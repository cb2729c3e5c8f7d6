-- ===== src/Timeout/Tests.antt =====
-- The timeout loop on a kernel where two of three timeouts are due at the next tick.
use rk.Base.{◌≡◌, refl, true, none, [], ◌∷◌, arith}
use rk.Base.Distinct.{Distinct}
use rk.Kernel.{Kernel, Status, TimeoutType, WaitInfo, sample_kernel, sample_tcb}
use rk.Delta.{tick}
use rk.Delta.Expiry.{ids, IsLive}
use rk.Timeout.Expire.{handle_timeouts}
use rk.Timeout.Tick.{AllArmed, handle_timeouts_refines}

abbrev three_due : Kernel
three_due = record sample_kernel {
  tasks = λ t. record (sample_tcb 5 Status.sleeping_delay []) {
    timeout_node = record {
      armed = true;
      timeout_type = TimeoutType.time_event;
      timeout = 9;
      waiting_queue = none;
      wait_info = WaitInfo.wait_normal;
    };
  };
  timeouts =
      record { id = 5; dtick = 1 }
      ∷ record { id = 6; dtick = 0 }
      ∷ record { id = 7; dtick = 4 }
      ∷ [];
}

three_Distinct : Distinct (ids three_due.timeouts)
three_Distinct = ((ground arith, (ground arith, tt)), ((ground arith, tt), (tt, tt)))

three_AllArmed : AllArmed three_due three_due.timeouts
three_AllArmed = ((refl, omega arith), ((refl, omega arith), ((refl, omega arith), tt)))

handle_timeouts_refines_example :
    let left = (handle_timeouts three_due).1.timeouts in
    (left ≡ (tick three_due.timeouts).1) × IsLive left
handle_timeouts_refines_example = handle_timeouts_refines three_due three_Distinct three_AllArmed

What to work on -> Retype the data exactly.

Result of the task ->
repository cb2729c3e5c8f7d6
-- ===== src/Timeout/Tests.antt =====
-- The timeout loop on a kernel where two of three timeouts are due at the next tick.
use rk.Base.{◌≡◌, refl, true, none, [], ◌∷◌, arith}
use rk.Base.Distinct.{Distinct}
use rk.Kernel.{Kernel, Status, TimeoutType, WaitInfo, sample_kernel, sample_tcb}
use rk.Delta.{tick}
use rk.Delta.Expiry.{ids, IsLive}
use rk.Timeout.Expire.{handle_timeouts}
use rk.Timeout.Tick.{AllArmed, handle_timeouts_refines}

abbrev three_due : Kernel
three_due = record sample_kernel {
  tasks = λ t. record (sample_tcb 5 Status.sleeping_delay []) {
    timeout_node = record {
      armed = true;
      timeout_type = TimeoutType.time_event;
      timeout = 9;
      waiting_queue = none;
      wait_info = WaitInfo.wait_normal;
    };
  };
  timeouts =
      record { id = 5; dtick = 1 }
      ∷ record { id = 6; dtick = 0 }
      ∷ record { id = 7; dtick = 4 }
      ∷ [];
}

three_Distinct : Distinct (ids three_due.timeouts)
three_Distinct = ((ground arith, (ground arith, tt)), ((ground arith, tt), (tt, tt)))

three_AllArmed : AllArmed three_due three_due.timeouts
three_AllArmed = ((refl, omega arith), ((refl, omega arith), ((refl, omega arith), tt)))

handle_timeouts_refines_example :
    let left = (handle_timeouts three_due).1.timeouts in
    (left ≡ (tick three_due.timeouts).1) × IsLive left
handle_timeouts_refines_example = handle_timeouts_refines three_due three_Distinct three_AllArmed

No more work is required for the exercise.